Your objective: Copy each line of the entries below that contains the string "self".

The records:
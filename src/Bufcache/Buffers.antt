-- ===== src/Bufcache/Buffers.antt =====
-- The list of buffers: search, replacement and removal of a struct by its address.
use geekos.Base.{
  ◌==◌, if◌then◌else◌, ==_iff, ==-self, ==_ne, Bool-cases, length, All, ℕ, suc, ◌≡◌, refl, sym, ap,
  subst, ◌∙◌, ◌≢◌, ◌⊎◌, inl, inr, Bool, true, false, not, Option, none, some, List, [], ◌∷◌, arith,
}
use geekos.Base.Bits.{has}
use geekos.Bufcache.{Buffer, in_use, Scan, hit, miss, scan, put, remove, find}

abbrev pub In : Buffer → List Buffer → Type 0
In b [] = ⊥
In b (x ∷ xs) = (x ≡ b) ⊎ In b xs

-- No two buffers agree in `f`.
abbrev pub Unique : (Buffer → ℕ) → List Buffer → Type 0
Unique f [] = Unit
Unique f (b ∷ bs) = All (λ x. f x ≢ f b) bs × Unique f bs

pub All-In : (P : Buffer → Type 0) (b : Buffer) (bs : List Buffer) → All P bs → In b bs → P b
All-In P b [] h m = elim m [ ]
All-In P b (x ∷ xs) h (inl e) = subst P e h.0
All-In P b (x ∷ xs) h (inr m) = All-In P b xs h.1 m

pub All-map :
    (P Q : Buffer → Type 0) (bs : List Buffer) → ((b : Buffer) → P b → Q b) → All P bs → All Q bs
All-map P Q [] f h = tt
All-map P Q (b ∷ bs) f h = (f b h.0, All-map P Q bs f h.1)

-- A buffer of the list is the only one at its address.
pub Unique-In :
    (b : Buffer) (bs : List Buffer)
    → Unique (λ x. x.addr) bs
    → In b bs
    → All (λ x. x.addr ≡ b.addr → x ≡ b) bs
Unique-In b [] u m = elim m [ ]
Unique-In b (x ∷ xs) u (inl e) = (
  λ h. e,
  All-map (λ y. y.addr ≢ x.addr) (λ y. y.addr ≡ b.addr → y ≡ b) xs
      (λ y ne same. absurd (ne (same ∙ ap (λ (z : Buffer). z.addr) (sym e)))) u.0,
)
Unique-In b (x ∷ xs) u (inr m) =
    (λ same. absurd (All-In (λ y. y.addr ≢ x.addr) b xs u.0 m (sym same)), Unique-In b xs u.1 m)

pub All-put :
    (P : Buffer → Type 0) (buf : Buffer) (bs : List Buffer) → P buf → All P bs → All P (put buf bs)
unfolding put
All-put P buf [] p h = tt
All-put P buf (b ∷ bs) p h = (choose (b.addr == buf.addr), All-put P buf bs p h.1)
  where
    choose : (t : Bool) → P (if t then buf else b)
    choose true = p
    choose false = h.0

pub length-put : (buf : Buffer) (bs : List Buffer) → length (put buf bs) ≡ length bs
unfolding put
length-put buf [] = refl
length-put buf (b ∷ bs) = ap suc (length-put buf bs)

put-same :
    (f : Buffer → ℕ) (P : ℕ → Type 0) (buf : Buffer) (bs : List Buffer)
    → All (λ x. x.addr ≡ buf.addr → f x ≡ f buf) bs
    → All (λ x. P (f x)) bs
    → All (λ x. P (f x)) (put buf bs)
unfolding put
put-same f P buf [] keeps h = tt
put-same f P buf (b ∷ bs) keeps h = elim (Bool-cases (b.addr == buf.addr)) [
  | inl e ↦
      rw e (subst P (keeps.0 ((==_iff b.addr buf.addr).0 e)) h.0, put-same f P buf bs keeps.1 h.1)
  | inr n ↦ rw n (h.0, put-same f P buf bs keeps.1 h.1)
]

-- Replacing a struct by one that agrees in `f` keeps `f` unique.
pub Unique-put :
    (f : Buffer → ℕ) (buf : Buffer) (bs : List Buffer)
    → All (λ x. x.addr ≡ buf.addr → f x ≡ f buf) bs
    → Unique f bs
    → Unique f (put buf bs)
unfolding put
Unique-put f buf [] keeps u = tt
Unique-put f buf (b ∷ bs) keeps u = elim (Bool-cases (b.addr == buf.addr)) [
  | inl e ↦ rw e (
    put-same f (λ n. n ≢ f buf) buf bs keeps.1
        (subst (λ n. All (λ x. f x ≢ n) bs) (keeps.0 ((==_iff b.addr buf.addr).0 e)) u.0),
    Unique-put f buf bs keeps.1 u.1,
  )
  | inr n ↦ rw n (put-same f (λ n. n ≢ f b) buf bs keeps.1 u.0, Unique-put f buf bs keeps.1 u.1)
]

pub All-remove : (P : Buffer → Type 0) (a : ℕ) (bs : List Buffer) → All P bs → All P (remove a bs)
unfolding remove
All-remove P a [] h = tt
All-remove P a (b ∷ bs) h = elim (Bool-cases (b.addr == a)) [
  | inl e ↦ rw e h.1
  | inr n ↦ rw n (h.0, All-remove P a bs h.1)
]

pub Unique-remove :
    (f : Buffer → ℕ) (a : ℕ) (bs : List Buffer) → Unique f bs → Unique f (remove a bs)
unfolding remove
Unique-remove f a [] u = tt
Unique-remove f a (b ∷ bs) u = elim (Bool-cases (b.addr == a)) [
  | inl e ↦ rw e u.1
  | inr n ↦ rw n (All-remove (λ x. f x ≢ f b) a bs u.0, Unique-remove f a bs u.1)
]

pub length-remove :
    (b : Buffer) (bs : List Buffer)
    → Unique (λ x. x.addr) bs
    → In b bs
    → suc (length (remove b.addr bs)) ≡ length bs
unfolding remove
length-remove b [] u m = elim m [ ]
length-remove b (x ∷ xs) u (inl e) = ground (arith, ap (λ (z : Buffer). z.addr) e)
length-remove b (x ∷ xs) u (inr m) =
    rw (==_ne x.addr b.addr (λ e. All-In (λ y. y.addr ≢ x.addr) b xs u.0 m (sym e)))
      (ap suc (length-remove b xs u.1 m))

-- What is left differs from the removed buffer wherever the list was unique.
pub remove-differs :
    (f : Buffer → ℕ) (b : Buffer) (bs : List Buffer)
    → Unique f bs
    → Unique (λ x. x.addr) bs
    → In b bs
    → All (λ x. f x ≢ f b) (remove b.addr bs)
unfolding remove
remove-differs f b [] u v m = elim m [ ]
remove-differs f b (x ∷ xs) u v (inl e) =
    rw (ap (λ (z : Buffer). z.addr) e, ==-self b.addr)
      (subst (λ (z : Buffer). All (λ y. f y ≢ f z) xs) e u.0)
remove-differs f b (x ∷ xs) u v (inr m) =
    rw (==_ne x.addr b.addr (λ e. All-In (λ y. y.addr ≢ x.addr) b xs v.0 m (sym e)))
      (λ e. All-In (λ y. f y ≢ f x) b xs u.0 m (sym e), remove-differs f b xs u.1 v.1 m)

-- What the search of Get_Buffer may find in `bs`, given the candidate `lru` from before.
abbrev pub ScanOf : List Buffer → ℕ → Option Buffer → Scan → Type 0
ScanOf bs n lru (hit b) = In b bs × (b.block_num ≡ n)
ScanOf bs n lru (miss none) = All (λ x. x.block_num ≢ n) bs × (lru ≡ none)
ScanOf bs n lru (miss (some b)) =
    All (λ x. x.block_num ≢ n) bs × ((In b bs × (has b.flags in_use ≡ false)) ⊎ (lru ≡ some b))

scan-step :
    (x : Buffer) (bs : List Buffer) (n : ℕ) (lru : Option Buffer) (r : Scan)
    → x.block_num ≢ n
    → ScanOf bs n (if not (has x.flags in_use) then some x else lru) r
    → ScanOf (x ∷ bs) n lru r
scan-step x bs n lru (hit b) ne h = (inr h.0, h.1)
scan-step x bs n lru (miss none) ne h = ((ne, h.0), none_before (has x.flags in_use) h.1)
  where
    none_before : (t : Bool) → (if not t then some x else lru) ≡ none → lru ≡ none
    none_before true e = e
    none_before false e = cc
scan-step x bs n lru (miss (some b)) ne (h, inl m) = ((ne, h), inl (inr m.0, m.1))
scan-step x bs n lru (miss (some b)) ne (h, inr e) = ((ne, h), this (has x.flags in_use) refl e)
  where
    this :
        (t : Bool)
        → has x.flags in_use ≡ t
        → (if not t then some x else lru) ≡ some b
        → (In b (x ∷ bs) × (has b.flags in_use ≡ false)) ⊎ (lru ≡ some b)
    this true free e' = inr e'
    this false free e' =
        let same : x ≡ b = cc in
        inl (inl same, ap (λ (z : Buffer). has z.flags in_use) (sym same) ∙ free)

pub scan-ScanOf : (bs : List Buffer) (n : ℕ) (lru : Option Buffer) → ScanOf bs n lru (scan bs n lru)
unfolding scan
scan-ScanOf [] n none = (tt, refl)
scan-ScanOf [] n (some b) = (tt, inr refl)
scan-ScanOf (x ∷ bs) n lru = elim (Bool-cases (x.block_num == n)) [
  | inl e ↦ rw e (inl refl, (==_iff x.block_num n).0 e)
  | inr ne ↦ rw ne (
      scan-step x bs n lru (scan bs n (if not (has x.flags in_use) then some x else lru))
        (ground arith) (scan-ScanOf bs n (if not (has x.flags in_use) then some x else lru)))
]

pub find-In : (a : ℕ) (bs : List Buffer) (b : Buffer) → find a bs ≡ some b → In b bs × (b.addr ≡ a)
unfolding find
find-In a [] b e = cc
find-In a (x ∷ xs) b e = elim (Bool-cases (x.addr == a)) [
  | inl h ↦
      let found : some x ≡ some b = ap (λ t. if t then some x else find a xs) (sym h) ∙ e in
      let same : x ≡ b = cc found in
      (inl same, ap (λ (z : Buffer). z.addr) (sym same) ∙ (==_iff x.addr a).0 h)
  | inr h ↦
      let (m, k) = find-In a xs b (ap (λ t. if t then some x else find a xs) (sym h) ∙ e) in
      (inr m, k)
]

Output for this task:
  ◌==◌, if◌then◌else◌, ==_iff, ==-self, ==_ne, Bool-cases, length, All, ℕ, suc, ◌≡◌, refl, sym, ap,
    rw (ap (λ (z : Buffer). z.addr) e, ==-self b.addr)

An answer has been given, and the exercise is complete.